Copy out the lines of the records below, and only those lines, from the one with "(each all e)" through the one with "Memᴰ v (w ∷ ws)", exactly as they appear.
SUPPLIED DATA START
-- ===== src/Examples/Processes.antt =====
-- The distances between MPI processes that example/example-mpi.cc prints.
use yloc.Prelude.{
  suc, ◌==◌, false, arith, ℕ, ◌≡◌, ◌⊎◌, ◌↔◌, inl, inr, refl, sym, ap, ◌∙◌, List, [], ◌∷◌, map, Memᴰ,
  Result, ok, fault, Result-cases,
}
use yloc.ComponentTypes.{mpi_process}
use yloc.GraphElement.{Vertex, Edge}
use yloc.Graph.{BoostGraph, Graph, new_graph}
use yloc.Graph.Changes.{Changes}
use yloc.External.AdjacencyList.{Link}
use yloc.External.FilteredGraph.{FilteredGraph}
use yloc.View.{vertex_range}
use yloc.Query.{bfs_hops}
use yloc.Query.Shortest.{Walk, IsBreadthFirst}
use yloc.Query.Distance.{IsShortest}
use yloc.Query.Symmetric.{bfs_hops-symmetric}
use yloc.Examples.{rank_at, view_of, distances_to, distances_between, mpi_distances}
use yloc.Examples.Classes.{Is, in_view_iff}

rank_or_zero : Result ℕ → ℕ
rank_or_zero (ok r) = r
rank_or_zero fault = 0

-- What is printed: for every process its rank, and the rank of every process with the length of a
-- shortest walk to it, which is as long as one back.
pub record IsDistanceTable {Mask : Type 0} {boost : BoostGraph Mask} (g : Graph boost)
    (blocks : List (ℕ × List (ℕ × ℕ))) : Type 0 where
  pub processes : List ℕ
  pub processes_iff : (v : ℕ) → Memᴰ v processes ↔ Is g mpi_process v
  pub rank : ℕ → ℕ
  pub ranks : (v : ℕ) → Is g mpi_process v → rank_at g v ≡ ok (rank v)
  pub distance : ℕ → ℕ → ℕ
  pub shortest :
      (v w : ℕ) → Is g mpi_process v → Is g mpi_process w → IsShortest g v w (distance v w)
  pub symmetric : (v w : ℕ) → Is g mpi_process v → Is g mpi_process w → distance v w ≡ distance w v
  pub table : blocks ≡ map (λ v. (rank v, map (λ w. (rank w, distance v w)) processes)) processes

module _ {Mask : Type 0} {boost : BoostGraph Mask} (g : Graph boost) where
  abbrev rank_of : ℕ → ℕ
  rank_of v = rank_or_zero (rank_at g v)

  rank_of_lem : (v : ℕ) → (rank_at g v ≡ fault) ⊎ (rank_at g v ≡ ok (rank_of v))
  unfolding rank_or_zero
  rank_of_lem v = elim (Result-cases (rank_at g v)) [
    | inl e ↦ inl e
    | inr (r, e) ↦ inr (e ∙ ap (λ x. ok (rank_or_zero x)) (sym e))
  ]

  -- Every process has a rank, or one has none.
  ranks_or_fault :
      (vs : List ℕ)
      → ((v : ℕ) → Memᴰ v vs → rank_at g v ≡ ok (rank_of v))
        ⊎ ((v : ℕ) × Memᴰ v vs × (rank_at g v ≡ fault))
  ranks_or_fault [] = inl (λ v m. elim m [ ])
  ranks_or_fault (w ∷ ws) = elim (rank_of_lem w) [
    | inl e ↦ inr (w, Memᴰ.head refl, e)
    | inr e ↦ elim (ranks_or_fault ws) [
      | inl all ↦ inl (each all e)
      | inr (v, m, h) ↦ inr (v, Memᴰ.tail m, h)
    ]
  ]
    where
      each :
          {w : ℕ} {ws : List ℕ}
          → ((v : ℕ) → Memᴰ v ws → rank_at g v ≡ ok (rank_of v))
          → rank_at g w ≡ ok (rank_of w)
          → (v : ℕ) → Memᴰ v (w ∷ ws)
          → rank_at g v ≡ ok (rank_of v)
      each all e v (Memᴰ.head f) = ap (rank_at g) f ∙ e ∙ ap (λ x. ok (rank_of x)) (sym f)
      each all e v (Memᴰ.tail m) = all v m

  distances_to_fault :
      (d : ℕ → ℕ) (v : ℕ) (vs : List ℕ)
      → Memᴰ v vs
      → rank_at g v ≡ fault
      → distances_to d g vs ≡ fault
  unfolding distances_to
  distances_to_fault d v [] m e = elim m [ ]
  distances_to_fault d v (w ∷ ws) (Memᴰ.head f) e = rw (sym (ap (rank_at g) f) ∙ e) refl
  distances_to_fault d v (w ∷ ws) (Memᴰ.tail m) e = elim (Result-cases (rank_at g w)) [
    | inl f ↦ rw f refl
    | inr (r, f) ↦ rw (f, distances_to_fault d v ws m e) refl
  ]

  module _ (rank : ℕ → ℕ) where
    distances_to-map :
        (d : ℕ → ℕ) (vs : List ℕ)
        → ((v : ℕ) → Memᴰ v vs → rank_at g v ≡ ok (rank v))
        → distances_to d g vs ≡ ok (map (λ w. (rank w, d w)) vs)
    unfolding distances_to
    distances_to-map d [] h = refl
    distances_to-map d (w ∷ ws) h =
        rw (h w (Memᴰ.head refl), distances_to-map d ws (λ v m. h v (Memᴰ.tail m))) refl

    distances_between-map :
        (breadth_first_search : Graph boost → ℕ → List (Link (Edge Mask))) (ps vs : List ℕ)
        → ((v : ℕ) → Memᴰ v ps → rank_at g v ≡ ok (rank v))
        → ((v : ℕ) → Memᴰ v vs → rank_at g v ≡ ok (rank v))
        → distances_between breadth_first_search g ps vs
          ≡ ok (map (λ v. (rank v, map (λ w. (rank w, bfs_hops breadth_first_search g v w)) ps)) vs)
    unfolding distances_between
    distances_between-map search ps [] h k = refl
    distances_between-map search ps (v ∷ vs) h k =
        rw
          (
            k v (Memᴰ.head refl),
            distances_to-map (bfs_hops search g v) ps h,
            distances_between-map search ps vs h (λ w m. k w (Memᴰ.tail m)),
          )
          refl

  distances_between_fault :
      (breadth_first_search : Graph boost → ℕ → List (Link (Edge Mask))) (v : ℕ) (ps : List ℕ)
      → Memᴰ v ps
      → rank_at g v ≡ fault
      → (w : ℕ) (ws : List ℕ) → distances_between breadth_first_search g ps (w ∷ ws) ≡ fault
  unfolding distances_between
  distances_between_fault search v ps m e w ws = elim (Result-cases (rank_at g w)) [
    | inl f ↦ rw f refl
    | inr (r, f) ↦ rw (f, distances_to_fault (bfs_hops search g w) v ps m e) refl
  ]

  all_between_fault :
      (breadth_first_search : Graph boost → ℕ → List (Link (Edge Mask))) (v : ℕ) (ps : List ℕ)
      → Memᴰ v ps
      → rank_at g v ≡ fault
      → distances_between breadth_first_search g ps ps ≡ fault
  all_between_fault search v [] m e = elim m [ ]
  all_between_fault search v (w ∷ ws) m e = distances_between_fault search v (w ∷ ws) m e w ws

  -- In a graph that modules made from the empty one, in which all processes are connected, and where boost's
  -- searches are breadth first, either a process has no rank and the process of rank 0 stops at an
  -- exception, or that process prints the symmetric table of the distances between all processes. The
  -- processes of other ranks print nothing.
  pub mpi_distances-outcome :
      (filtered : FilteredGraph (Vertex Mask) (Edge Mask))
      (breadth_first_search : Graph boost → ℕ → List (Link (Edge Mask)))
      → Changes (new_graph boost) g
      → ((v : ℕ) → Is g mpi_process v → IsBreadthFirst g v (breadth_first_search g v))
      → ((v w : ℕ) → Is g mpi_process v → Is g mpi_process w → (k : ℕ) × Walk g v k w)
      → ((rank : ℕ) → mpi_distances filtered breadth_first_search (suc rank) g ≡ ok [])
        × ((((v : ℕ) × Is g mpi_process v × (rank_at g v ≡ fault))
              × (mpi_distances filtered breadth_first_search 0 g ≡ fault))
            ⊎ ((blocks : List (ℕ × List (ℕ × ℕ))) × (mpi_distances filtered breadth_first_search 0 g
                  ≡ ok blocks)
                × IsDistanceTable g blocks))
  unfolding mpi_distances vertex_range
  mpi_distances-outcome filtered search c breadth connected =
      let ps = (view_of filtered g mpi_process).vertices in
      let is = in_view_iff filtered g mpi_process in
      let pair = λ (v w : ℕ) (hv : Is g mpi_process v) (hw : Is g mpi_process w).
        bfs_hops-symmetric search g v w c (breadth v hv) (breadth w hw) (connected v w hv hw).1 in
      (
        λ rank. let other : (suc rank == 0) ≡ false = ground arith in rw other refl,
        elim (ranks_or_fault ps) [
          | inr (v, m, e) ↦ inl ((v, (is v).0 m, e), all_between_fault search v ps m e)
          | inl all ↦ inr (
            map (λ v. (rank_of v, map (λ w. (rank_of w, bfs_hops search g v w)) ps)) ps,
            distances_between-map rank_of search ps ps all all,
            record {
              processes = ps;
              processes_iff = is;
              rank = rank_of;
              ranks = λ v h. all v ((is v).1 h);
              distance = bfs_hops search g;
              shortest = λ v w hv hw. (pair v w hv hw).1;
              symmetric = λ v w hv hw. (pair v w hv hw).0;
              table = refl;
            },
          )
        ],
      )
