-- ===== src/External.antt =====
-- The code that yloc calls and that is not part of the repository: records of the operations that
-- the source uses, with the laws that their documentation states.
pub mod Bitset
pub mod CpuSets
pub mod AdjacencyList
pub mod FilteredGraph
pub mod Hwloc
pub mod Rocm
pub mod Nvml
SUPPLIED DATA END
**FINAL ANSWER:**
      | inl all ↦ inl (each all e)
      | inr (v, m, h) ↦ inr (v, Memᴰ.tail m, h)
    ]
  ]
    where
      each :
          {w : ℕ} {ws : List ℕ}
          → ((v : ℕ) → Memᴰ v ws → rank_at g v ≡ ok (rank_of v))
          → rank_at g w ≡ ok (rank_of w)
          → (v : ℕ) → Memᴰ v (w ∷ ws)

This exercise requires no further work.